An Ode to Beautiful Uselessness

It has been many years since I began this project, and I have learned more than I could ever have initially imagined, more about my own condition. What was initially a test of my logical thought challenged me to ponder what I wish to do with this life, and sent me into spirals questioning why.

I presented my project to my academic supervisor, summarising what is outlined above. I got the following response.

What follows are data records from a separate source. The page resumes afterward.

-- ===== src/Quantize/Cut/Rounds.antt =====
-- color/quantize.rs, `quantize`: what the median cut keeps from round to round.
use mpris_chroma.Prelude.{
  ℕ, ◌+◌, ◌^◌, ◌≤◌, ◌<◌, ◌≡◌, ap, ◌∙◌, inl, inr, some, List, [], ◌∷◌, arith, ◌==◌, ==_iff,
  Bool-cases, length, All,
}
use mpris_chroma.Prelude.Sort.{total}
use mpris_chroma.Quantize.{Entry, BoxNode}
use mpris_chroma.Quantize.Heap.{slot}
use mpris_chroma.Quantize.Heap.Order.{IsSmall, IsHeap}
use mpris_chroma.Quantize.Heap.Unused.{slot_0-le-total}
use mpris_chroma.Quantize.Split.{split}
use mpris_chroma.Quantize.Split.Laws.{pixels, Halves, split_lem}
use mpris_chroma.Quantize.Cut.{Cut, box_at}
use mpris_chroma.Quantize.Cut.Next.{IsTaken}
use mpris_chroma.Quantize.Cut.Tree.{
  is_index, occurrences, occurrences-All, Walk, IsLeaf, Walk-leaves,
}

-- The entries of the leaves, by a weight.
abbrev pub leaf_total : List BoxNode → (Entry → ℕ) → List ℕ → ℕ
leaf_total boxes f = total (λ n. total f (box_at boxes n).entries)

-- A box has entries, and counts their pixels.
abbrev pub IsFull : BoxNode → Type 0
IsFull b = (0 < length b.entries) × (b.pixel_count ≡ pixels b.entries)

module _ (entries : List Entry) where
  pub record IsCut (c : Cut) (ls : List ℕ) : Type 0 where
    -- The walk from the first box meets the leaves, and each box once.
    pub walked : Walk c.boxes (0 ∷ []) ls (length c.boxes)
    -- The leaves share the entries between them.
    pub shared : (f : Entry → ℕ) → leaf_total c.boxes f ls ≡ total f entries
    pub full : All (λ n. IsFull (box_at c.boxes n)) ls
    pub small : IsSmall c.boxes
    -- No leaf is met twice.
    pub distinct : (a : ℕ) → occurrences a ls ≤ 1
    -- The heap holds leaves, none of them twice.
    pub heap_leaves : (f : ℕ → ℕ) → total f c.heap ≤ f 0 + total f ls
    pub heap_order : IsHeap c.boxes c.heap
    pub heap_start : slot c.heap 0 ≡ 0
    pub heap_nonempty : 0 < length c.heap

  module _ (few : pixels entries < 2 ^ 31) (c : Cut) (ls : List ℕ) (good : IsCut c ls) where
    leaf-le :
        (f : Entry → ℕ) (n : ℕ) (ms : List ℕ)
        → 0 < occurrences n ms
        → total f (box_at c.boxes n).entries ≤ leaf_total c.boxes f ms
    leaf-le f n [] h = absurd (omega arith)
    leaf-le f n (m ∷ ms) h = elim (Bool-cases (m == n)) [
      | inl t ↦
          let e : m ≡ n = (==_iff m n).0 t in
          omega (arith, ap (λ k. total f (box_at c.boxes k).entries) e)
      | inr g ↦ let rest = leaf-le f n ms (ground arith) in omega (arith, rest)
    ]

    module _ (n : ℕ) (left : List ℕ) (taken : IsTaken c.boxes c.heap n left) where
      pub once : occurrences n ls ≡ 1
      once =
          let start : slot left 0 ≡ 0 = taken.unused ∙ good.heap_start in
          omega (
            arith,
            taken.kept (is_index n),
            good.heap_leaves (is_index n),
            good.distinct n,
            rw start at (slot_0-le-total (is_index n) left taken.nonempty),
            self,
          )
        where
          self : is_index n n ≡ 1
          self = ground arith

      pub is_leaf : IsLeaf c.boxes n
      is_leaf =
          occurrences-All (IsLeaf c.boxes) n ls (omega (arith, once)) (Walk-leaves good.walked)

      pub is_full : IsFull (box_at c.boxes n)
      is_full =
          occurrences-All (λ m. IsFull (box_at c.boxes m)) n ls (omega (arith, once)) good.full

      pub node_few : pixels (box_at c.boxes n).entries < 2 ^ 31
      node_few = omega (
        arith,
        leaf-le (λ (e : Entry). e.count) n ls (omega (arith, once)),
        good.shared (λ (e : Entry). e.count),
        few,
      )

      pub node_split :
          (l : BoxNode) × (r : BoxNode) × (split (box_at c.boxes n) ≡ some (l, r))
          × Halves (box_at c.boxes n) l r
      node_split =
          split_lem (box_at c.boxes n) is_full.0 (λ v. ground (arith, taken.mixed, v))
            (omega (arith, node_few))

' I would be happy to work with you, but I can't work on things that are solely beautiful... I only address them during my holidays when I feel I can be extravagant. My physics has to be useful and beautiful.'

I know somewhere in this world, this problem has been solved, and for someone, it was likely a Tuesday afternoon's work. Why should I spend my time searching for a path that has probably been walked before? As time ticks on, how many paths are left undiscovered? Is it arrogance or bravery that leads one to want to find a new path rather than to extend the ones that come before?

Well, I shall conclude that this project has taught me, and shall continue to teach me, to pursue what I love and find passion in what sparks my curiosity, even if the same curiosity has been explored by many. For whatever path we take, the sun always sets in the west.